In January 2020, they used a comprehensive database of airline passengers to calculate how many people in the catchment area around Wuhan typically traveled internationally. It seemed plausible that the percentage of travelers found to be infected with COVID-19 should be the same or at least less than the percentage of the population back home that was infected, as there was no discernible reason to think that people with the virus would be more likely to fly abroad than their uninfected fellow citizens. They crunched the numbers and reported the results, which were later found to be perilously off target. However, even as they began reworking the data, the official consensus was that human-to-human transmission was limited at best. This calculation we later found, after the damage had been done, to be factually incorrect. The bottom line is that predicting human behavior sometimes defies the most elegant mathematical models.
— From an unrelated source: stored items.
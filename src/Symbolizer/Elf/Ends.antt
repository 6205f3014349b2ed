-- ===== src/Symbolizer/Elf/Ends.antt =====
-- The searches of ElfFile (symbolizer/Elf.cc) end on any file.
use claire_common.Common.{
  ℕ, zero, suc, ◌+◌, ◌==◌, Bool, ◌||◌, none, some, List, drop, length, ◌<◌, leb,
}
use claire_common.Common.Outcome.{
  Outcome, done, undefined, ◌>>=◌, Holds, Holds-bind, Holds-if, Holds-mono, Holds-check,
  Holds-option,
}
use claire_common.Symbolizer.Elf.{
  SectionHeader, ElfSymbol, section_at, symbol_at, get_elf_header, find_base, init_elf,
  get_section_by_index, get_section_body,
}
use claire_common.Symbolizer.Elf.Search.{
  field-Ends, then-Ends, section_at-Ends, get_elf_header-Ends, get_section_by_index-Ends,
}
use claire_common.Symbolizer.Elf.Names.{Holds-c_string}
use claire_common.Symbolizer.Elf.Symbols.{
  find_symbol, count_symbols, search_table, find_in_tables, has_symbols, covers,
  get_definition_by_address, get_string, get_symbol_name,
}

pub then_Ends :
    {A B : Type 0} (m : Outcome A) (f : A → Outcome B)
    → Holds (λ a. Unit) m
    → ((a : A) → Holds (λ b. Unit) (f a))
    → Holds (λ b. Unit) (m >>= f)
then_Ends m f h k = Holds-bind (λ a. Unit) (λ b. Unit) m f h (λ a e. k a)

pub symbol_at-Ends : (file : List ℕ) (offset : ℕ) → Holds (λ symbol. Unit) (symbol_at file offset)
unfolding symbol_at
symbol_at-Ends file offset = then-Ends file offset 4 _ (λ a. then-Ends file (offset + 4) 1 _ (λ b.
    then-Ends file (offset + 6) 2 _
      (λ c. then-Ends file (offset + 8) 8 _ (λ d. then-Ends file (offset + 16) 8 _ (λ e. tt)))))

find_base-Ends :
    (file : List ℕ) (count offset : ℕ) → Holds (λ base. Unit) (find_base file count offset)
unfolding find_base
find_base-Ends file zero offset = tt
find_base-Ends file (suc count) offset = then-Ends file offset 4 _ (λ p_type.
    Holds-if (λ base. Unit) (p_type == 1) _ _ (field-Ends file (offset + 16) 8)
      (find_base-Ends file count (offset + 56)))

pub init_elf-Ends : (file : List ℕ) → Holds (λ base. Unit) (init_elf file)
unfolding init_elf
init_elf-Ends file = then-Ends file 0 4 _ (λ magic.
    Holds-check (λ b. Unit) (magic == 0x464c_457f) _
      (λ e. then-Ends file 4 1 _ (λ class.
        Holds-check (λ b. Unit) (class == 2) _
          (λ e. then-Ends file 5 1 _ (λ encoding.
            Holds-check (λ b. Unit) (encoding == 1) _
              (λ e.
                then_Ends (get_elf_header file) _ (get_elf_header-Ends file)
                  (λ header. find_base-Ends file header.e_phnum header.e_phoff)))))))

module _ (file : List ℕ) where
  find_symbol-Ends :
      (test : ElfSymbol → Outcome Bool) (count offset : ℕ)
      → ((symbol : ElfSymbol) → Holds (λ b. Unit) (test symbol))
      → Holds (λ found. Unit) (find_symbol file test count offset)
  unfolding find_symbol
  find_symbol-Ends test zero offset ends = tt
  find_symbol-Ends test (suc count) offset ends =
      then_Ends (symbol_at file offset) _ (symbol_at-Ends file offset) (λ symbol.
        then_Ends (test symbol) _ (ends symbol) (λ passes.
          Holds-if (λ found. Unit) passes _ _ tt (find_symbol-Ends test count (offset + 24) ends)))

  module _ (searched : SectionHeader → Bool) (test : SectionHeader → ElfSymbol → Outcome Bool)
      (ends : (table : SectionHeader) (symbol : ElfSymbol)
        → Holds (λ b. Unit) (test table symbol)) where
    search_table-Ends :
        (table : SectionHeader) → Holds (λ found. Unit) (search_table file searched test table)
    unfolding search_table
    search_table-Ends table =
        Holds-if (λ found. Unit) (searched table) _ (done none)
          (then_Ends (count_symbols table) _
            (Holds-if (λ n. Unit) (table.sh_entsize == 0) undefined (done _) tt tt)
            (λ count. find_symbol-Ends (test table) count table.sh_offset (ends table)))
          tt

    find_in_tables-Ends :
        (count offset : ℕ) → Holds (λ found. Unit) (find_in_tables file searched test count offset)
    unfolding find_in_tables
    find_in_tables-Ends zero offset = tt
    find_in_tables-Ends (suc count) offset =
        then_Ends (section_at file offset) _ (section_at-Ends file offset) (λ table.
          then_Ends (search_table file searched test table) _ (search_table-Ends table) (λ found.
            Holds-option (λ r. Unit) found (λ symbol. done (some (offset, symbol))) _
              (λ symbol e. tt) (λ e. find_in_tables-Ends count (offset + 64))))

pub get_definition_by_address-Ends :
    (file : List ℕ) (address : ℕ) → Holds (λ found. Unit) (get_definition_by_address file address)
unfolding get_definition_by_address
get_definition_by_address-Ends file address =
    then_Ends (get_elf_header file) _ (get_elf_header-Ends file) (λ header.
      find_in_tables-Ends file has_symbols (covers address) (λ table symbol. tt) header.e_shnum
        header.e_shoff)

get_string-Ends :
    (file : List ℕ) (strings : SectionHeader) (offset : ℕ)
    → Holds (λ text. Unit) (get_string file strings offset)
unfolding get_string
get_string-Ends file strings offset =
    Holds-mono (λ text. 0 < length (drop (strings.sh_offset + offset) file)) (λ text. Unit) _
      (λ text e. tt) (Holds-c_string (drop (strings.sh_offset + offset) file))

pub get_symbol_name-Ends :
    (file : List ℕ) (table : SectionHeader) (symbol : ElfSymbol)
    → Holds (λ name. Unit) (get_symbol_name file table symbol)
unfolding get_symbol_name
get_symbol_name-Ends file table symbol =
    Holds-if (λ name. Unit) (symbol.st_name == 0 || table.sh_link == 0) (done none) _ tt
      (then_Ends (get_section_by_index file table.sh_link) _
        (get_section_by_index-Ends file table.sh_link)
        (λ strings.
          then_Ends (get_string file strings symbol.st_name) _
            (get_string-Ends file strings symbol.st_name) (λ name. tt)))

pub get_section_body-Ends :
    (file : List ℕ) (section : SectionHeader) → Holds (λ body. Unit) (get_section_body file section)
unfolding get_section_body
get_section_body-Ends file section =
    Holds-if (λ body. Unit) (leb section.sh_offset (length file))
      (done (record { ahead = drop section.sh_offset file; size = section.sh_size })) undefined tt
      tt
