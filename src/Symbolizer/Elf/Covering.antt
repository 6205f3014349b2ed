-- ===== src/Symbolizer/Elf/Covering.antt =====
-- The symbols of a table that cover an address, as ElfFile::GetDefinitionByAddress (symbolizer/Elf.cc)
-- looks for them.
use mathlib.Core.Path.{subst}
use claire_common.Common.{
  ℕ, zero, suc, ◌+◌, ◌*◌, ◌%◌, ◌^◌, ◌≤◌, ◌<◌, ◌≡◌, ◌≢◌, sym, ◌∙◌, ◌⊎◌, Bool, true, false, Option,
  none, some, List, ◌==◌, arith, not, ◌&&◌, ◌||◌, leb, ltb,
}
use claire_common.Common.Outcome.{
  done, Holds, Holds-bind, Holds-self, Holds-cases, Holds-mono, done-injective,
}
use claire_common.Symbolizer.Elf.{SectionHeader, ElfSymbol, symbol_at}
use claire_common.Symbolizer.Elf.Ends.{symbol_at-Ends}
use claire_common.Symbolizer.Elf.Symbols.{find_symbol, covers}

-- An object or a function that is defined, from its value on over its size.
abbrev pub Covers : ℕ → ElfSymbol → Type 0
Covers address symbol =
    ((symbol.st_info % 16 ≡ 1) ⊎ (symbol.st_info % 16 ≡ 2))
    × (symbol.st_shndx ≢ 0)
    × (symbol.st_value ≤ address)
    × (address < (symbol.st_value + symbol.st_size) % 2 ^ 64)

-- The test of the loop.
abbrev passes : ℕ → ElfSymbol → Bool
passes address symbol =
    (symbol.st_info % 16 == 1 || symbol.st_info % 16 == 2)
    && not (symbol.st_shndx == 0)
    && leb symbol.st_value address
    && ltb address ((symbol.st_value + symbol.st_size) % 2 ^ 64)

passes-Covers :
    (address : ℕ) (symbol : ElfSymbol) → passes address symbol ≡ true → Covers address symbol
passes-Covers address symbol h = ground arith

Covers-passes :
    (address : ℕ) (symbol : ElfSymbol) → Covers address symbol → passes address symbol ≡ true
Covers-passes address symbol h = ground arith

pub true-ne-false : true ≢ false
true-ne-false h = cc

module _ (file : List ℕ) (address : ℕ) where
  abbrev pub CoveringAt : ℕ → Type 0
  CoveringAt found =
      (symbol : ElfSymbol) × (symbol_at file found ≡ done symbol) × Covers address symbol

  -- None of so many symbols from the offset on covers the address.
  abbrev pub NoSymbol : ℕ → ℕ → Type 0
  NoSymbol count offset =
      (i : ℕ)
      → i < count
      → (symbol : ElfSymbol) → symbol_at file (offset + i * 24) ≡ done symbol
      → ¬ (Covers address symbol)

  abbrev pub IsSymbol : ℕ → ℕ → Option ℕ → Type 0
  IsSymbol count offset none = NoSymbol count offset
  IsSymbol count offset (some found) = CoveringAt found

  NoSymbol-suc :
      (count offset : ℕ) (symbol : ElfSymbol)
      → symbol_at file offset ≡ done symbol
      → passes address symbol ≡ false
      → NoSymbol count (offset + 24)
      → NoSymbol (suc count) offset
  NoSymbol-suc count offset symbol e fails others zero below symbol' e' covering =
      let here = subst (λ o. symbol_at file o ≡ done symbol') (omega arith) e' in
      let same = subst (λ s. passes address s ≡ false) (done-injective (sym e ∙ here)) fails in
      true-ne-false (sym (Covers-passes address symbol' covering) ∙ same)
  NoSymbol-suc count offset symbol e fails others (suc i) below symbol' e' covering =
      others i (omega (arith, below)) symbol'
        (subst (λ o. symbol_at file o ≡ done symbol') (omega arith) e') covering

  IsSymbol-suc :
      (count offset : ℕ) (symbol : ElfSymbol) (result : Option ℕ)
      → symbol_at file offset ≡ done symbol
      → passes address symbol ≡ false
      → IsSymbol count (offset + 24) result
      → IsSymbol (suc count) offset result
  IsSymbol-suc count offset symbol none e fails others =
      NoSymbol-suc count offset symbol e fails others
  IsSymbol-suc count offset symbol (some found) e fails others = others

  pub find_symbol-IsSymbol :
      (table : SectionHeader) (count offset : ℕ)
      → Holds (IsSymbol count offset) (find_symbol file (covers address table) count offset)
  unfolding find_symbol
  find_symbol-IsSymbol table zero offset = λ i below. absurd (omega (arith, below))
  find_symbol-IsSymbol table (suc count) offset =
      Holds-bind (λ symbol. symbol_at file offset ≡ done symbol) (IsSymbol (suc count) offset)
        (symbol_at file offset) _ (Holds-self _ (symbol_at-Ends file offset))
        (λ symbol e.
          Holds-cases (IsSymbol (suc count) offset) (passes address symbol) (done (some offset)) _
            (λ good. (symbol, e, passes-Covers address symbol good))
            (λ fails.
              Holds-mono (IsSymbol count (offset + 24)) (IsSymbol (suc count) offset) _
                (λ result. IsSymbol-suc count offset symbol result e fails)
                (find_symbol-IsSymbol table count (offset + 24))))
Ms. Mackenzie does a capable job fleshing out one of the world’s first big outbreaks, which has been analyzed almost in real time. Hence, the author tells readers that she adopted a style referred to by trade nonfiction publishers as a “crash book,” written quickly to coincide with the rising public interest in pandemics. This approach resulted in an essay-style format, without revealing the human players, their motives, and the effects of their decisions. Much of the chaotic and juicy domestic and international political dramas were also foregone for the sake of a short publication deadline.

Lessons for the Future

After charting the etiology and course of the pandemic in the first two chapters, Ms. Mackenzie turned to the meat of the narrative, which explores our societal frailties and offers sound, science-based lessons on what not to do when the next inevitable pandemic strikes. In a series of numbered subchapters on lessons for the future, Ms. Mackenzie suggests developing far better monitoring and reporting strategies of emergent viruses, stockpiling medical supplies (eg, face masks and antibiotics) to combat diseases that are already known to us, and developing what she terms surge capacity in manufacturing.
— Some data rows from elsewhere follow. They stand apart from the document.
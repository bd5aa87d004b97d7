-- ===== src/Node/Reads.antt =====
-- Rules by which a method only reads the node: whatever it answers, the node stays as it is.
use sawtooth_pbft.Common.{if◌then◌else◌, ◌≡◌, refl, ◌∙◌, Bool, true, false}
use sawtooth_pbft.Error.{Outcome}
use sawtooth_pbft.Log.{PbftLog}
use sawtooth_pbft.Node.{PbftNode, M, ◌>>=◌, pure, lift, reads_log, get_state}
use sawtooth_pbft.Node.Keeps.{>>=-Keeps}

pub record Reads {A : Type 0} (m : M A) : Type 0 where
  pub same : (n : PbftNode) → (m n).1 ≡ n

pub get_state-Reads : Reads get_state
get_state-Reads = record { same = λ n. refl }

module _ {A : Type 0} where
  pub pure-Reads : (a : A) → Reads (pure a)
  pure-Reads a = record { same = λ n. refl }

  pub lift-Reads : (r : Outcome A) → Reads (lift r)
  lift-Reads r = record { same = λ n. refl }

  pub reads_log-Reads : (g : PbftLog → A) → Reads (reads_log g)
  reads_log-Reads g = record { same = λ n. refl }

  pub >>=-Reads :
      {B : Type 0} {m : M A} {f : A → M B} → Reads m → ((a : A) → Reads (f a)) → Reads (m >>= f)
  >>=-Reads {m = m} {f = f} h k = record {
    same = λ n. >>=-Keeps (λ j. j ≡ n) m f (λ j e. h.same j ∙ e) (λ a j e. (k a).same j ∙ e) n refl;
  }

  pub if-Reads : (b : Bool) (m k : M A) → Reads m → Reads k → Reads (if b then m else k)
  if-Reads true m k h g = h
  if-Reads false m k h g = g

pub ruleset read_rules =
    (get_state-Reads, pure-Reads, lift-Reads, reads_log-Reads, >>=-Reads, if-Reads)
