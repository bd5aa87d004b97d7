-- ===== src/Node/Payloads.antt =====
-- What a node puts into a block: nothing, or a seal of the commits of the previous block.
use sawtooth_pbft.Common.{
  leb, if◌then◌else◌, Bool-cases, Bytes, sub64, mul64, ℕ, ◌≤◌, ◌<◌, ◌≡◌, refl, sym, ap, ◌∙◌, subst,
  ◌⊎◌, inl, inr, true, false, none, some, List, [], ◌∷◌, map, arith,
}
use sawtooth_pbft.Protos.{PbftBlock, PbftSeal}
use sawtooth_pbft.MessageType.{PbftMessageType}
use sawtooth_pbft.Error.{PbftError, Outcome, ok, err, panic, out_of_fuel}
use sawtooth_pbft.ParsedMessage.{ParsedMessage, get_block}
use sawtooth_pbft.State.{PbftState}
use sawtooth_pbft.Log.{PbftLog, get_enough_messages}
use sawtooth_pbft.Log.Enough.{votes_in_view, HasEnough, get_enough_messages_lem}
use sawtooth_pbft.Service.{Env}
use sawtooth_pbft.Node.{PbftNode, M, ◌>>=◌, pure, lift}
use sawtooth_pbft.Node.Seal.{signed_vote, seal_of, build_seal}
use sawtooth_pbft.Outcome.{or_fail}
use sawtooth_pbft.Node.Successes.{>>=-ok, lift-ok, or_fail-ok}
use sawtooth_pbft.Node.Publish.{payload_for}
use sawtooth_pbft.Node.Reads.{Reads, read_rules}

-- The seal of a payload: of the commits of the highest view that has `2f` of them from other nodes.
pub record IsSealed (env : Env) (summary : Bytes) (s : PbftState) (log : PbftLog) (payload : Bytes)
    : Type 0 where
  pub view : ℕ
  pub enough : HasEnough PbftMessageType.commit (sub64 s.seq_num 1) (mul64 2 s.f) log view
  pub seal : PbftSeal
  pub for_summary : seal.summary ≡ summary
  pub votes :
      seal.previous_commit_votes
      ≡ map signed_vote (votes_in_view PbftMessageType.commit (sub64 s.seq_num 1) view log)
  pub written : env.codec.write_seal seal ≡ some payload

-- What a node hands to `finalize_block`: nothing for the first block, else a seal.
abbrev pub IsPayload : Env → Bytes → PbftNode → Bytes → Type 0
IsPayload env summary n payload =
    ((n.state.seq_num ≤ 1) × (payload ≡ []))
    ⊎ ((1 < n.state.seq_num) × IsSealed env summary n.state n.msg_log payload)

module _ (summary : Bytes) where
  -- The seal of messages the first of which has the block `b`.
  abbrev pub seal_for : PbftBlock → List ParsedMessage → PbftSeal
  seal_for b messages = record {
    previous_id = b.block_id;
    summary = summary;
    previous_commit_votes = map signed_vote messages;
  }

  pub seal_of-ok :
      (messages : List ParsedMessage) (seal : PbftSeal)
      → seal_of summary messages ≡ ok seal
      → (b : PbftBlock) × (seal_for b messages ≡ seal)
  unfolding seal_of
  seal_of-ok [] seal h = cc
  seal_of-ok (m ∷ ms) seal h = carried (get_block m) refl
    where
      carried :
          (r : Outcome PbftBlock) → get_block m ≡ r → (b : PbftBlock) × (seal_for b (m ∷ ms) ≡ seal)
      carried (ok b) e = (b, made)
        where
          made : seal_for b (m ∷ ms) ≡ seal
          made = ground (arith, e, h)
      carried (err x) e = ground (arith, e, h)
      carried panic e = ground (arith, e, h)
      carried out_of_fuel e = ground (arith, e, h)

module _ (env : Env) (summary : Bytes) where
  found-IsSealed :
      (s : PbftState) (log : PbftLog) (messages : List ParsedMessage) (seal : PbftSeal)
      (payload : Bytes)
      → get_enough_messages PbftMessageType.commit (sub64 s.seq_num 1) (mul64 2 s.f) log
        ≡ some messages
      → seal_of summary messages ≡ ok seal
      → env.codec.write_seal seal ≡ some payload
      → IsSealed env summary s log payload
  found-IsSealed s log messages seal payload found made written =
      elim (get_enough_messages_lem PbftMessageType.commit (sub64 s.seq_num 1) (mul64 2 s.f) log) [
        | inl (v, e, enough, top) ↦
            let same : votes_in_view PbftMessageType.commit (sub64 s.seq_num 1) v log ≡ messages =
              some_injective (sym e ∙ found) in
            let (b, is_seal) = seal_of-ok summary messages seal made in
            record {
              view = v;
              enough = enough;
              seal = seal;
              for_summary = sym (ap (λ x. x.summary) is_seal);
              votes =
                  sym (ap (λ x. x.previous_commit_votes) is_seal) ∙ ap (map signed_vote) (sym same);
              written = written;
            }
        | inr (e, nothing) ↦ absurd (apart (sym e ∙ found))
      ]
    where
      some_injective : {x y : List ParsedMessage} → some x ≡ some y → x ≡ y
      some_injective d = cc

      apart : none ≡ some messages → ⊥
      apart d = cc

  -- The steps of `build_seal` from its end.
  abbrev write_seal_of : List ParsedMessage → M Bytes
  write_seal_of messages = do
    seal ← lift (seal_of summary messages)
    lift (or_fail PbftError.serialization_error (env.codec.write_seal seal))

  pub build_seal-IsSealed :
      (n k : PbftNode) (payload : Bytes)
      → build_seal env summary n ≡ (ok payload, k)
      → IsSealed env summary n.state n.msg_log payload
  unfolding build_seal
  build_seal-IsSealed n k payload h =
      let found =
        get_enough_messages PbftMessageType.commit (sub64 n.state.seq_num 1) (mul64 2 n.state.f)
          n.msg_log in
      let (messages, j, a, h1) =
        >>=-ok
          (lift (
            or_fail
              (PbftError.internal_error
                "Couldn't find commit messages in the message log for building a seal!")
              found))
          write_seal_of n k payload h in
      let f1 = lift-ok _ n j messages a in
      let (seal, j2, a2, h2) =
        >>=-ok (lift (seal_of summary messages))
          (λ seal. lift (or_fail PbftError.serialization_error (env.codec.write_seal seal))) j k
          payload h1 in
      let f2 = lift-ok (seal_of summary messages) j j2 seal a2 in
      let f3 =
        lift-ok (or_fail PbftError.serialization_error (env.codec.write_seal seal)) j2 k payload
          h2 in
      found-IsSealed n.state n.msg_log messages seal payload (or_fail-ok _ _ _ f1.0) f2.0
        (or_fail-ok _ _ _ f3.0)

module _ (env : Env) where
  pub payload_for-IsPayload :
      (summary : Bytes) (n k : PbftNode) (payload : Bytes)
      → payload_for env summary n ≡ (ok payload, k)
      → IsPayload env summary n payload
  unfolding payload_for
  payload_for-IsPayload summary n k payload h = elim (Bool-cases (leb n.state.seq_num 1)) [
    | inl e ↦ inl (ground arith, first_block_empty e)
    | inr e ↦ inr (ground arith, build_seal-IsSealed env summary n k payload (built e))
  ]
    where
      first_block_empty : leb n.state.seq_num 1 ≡ true → payload ≡ []
      first_block_empty e = ground arith

      built : leb n.state.seq_num 1 ≡ false → build_seal env summary n ≡ (ok payload, k)
      built e = subst (λ b. (if b then pure [] else build_seal env summary) n ≡ (ok payload, k)) e h

  build_seal-Reads : (summary : Bytes) → Reads (build_seal env summary)
  unfolding build_seal
  build_seal-Reads summary = search read_rules depth 12

  pub payload_for-Reads : (summary : Bytes) → Reads (payload_for env summary)
  unfolding payload_for
  payload_for-Reads summary = search (read_rules, build_seal-Reads) depth 12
Although most of her suggestions are well grounded in biology and epidemiology, at times Ms. Mackenzie drifts into rants, which, within the context of her original premise, read like totally distracting word fill as she perhaps hurried to meet a deadline. For instance, she writes: “When publicity-shy, certainty-averse scientists put these traits aside and start screaming that there’s a really threatening thing out there, we need to listen and make it someone’s job to respond…. I have no doubt this lesson will eventually filter through when climate change starts causing massive crop failures, uninhabitable cities, and unprecedented waves of refugees. By then, of course, it might be a little too late to act on it.” Here, the reader will wonder how Ms. Mackenzie’s prediction of apocalyptic climate change dovetails into preparing for the next pandemic.

Readers eager for wild conspiracy theories will be disappointed, as Ms. Mackenzie also notes that “one thing we can say for sure: COVID-19 was not created in a lab.”

Despite certain flaws that the author blames on her rush-to-publish deadline, COVID-19 has enough interesting science and information about pandemics to make it a worthwhile read for The ASCO Post audience.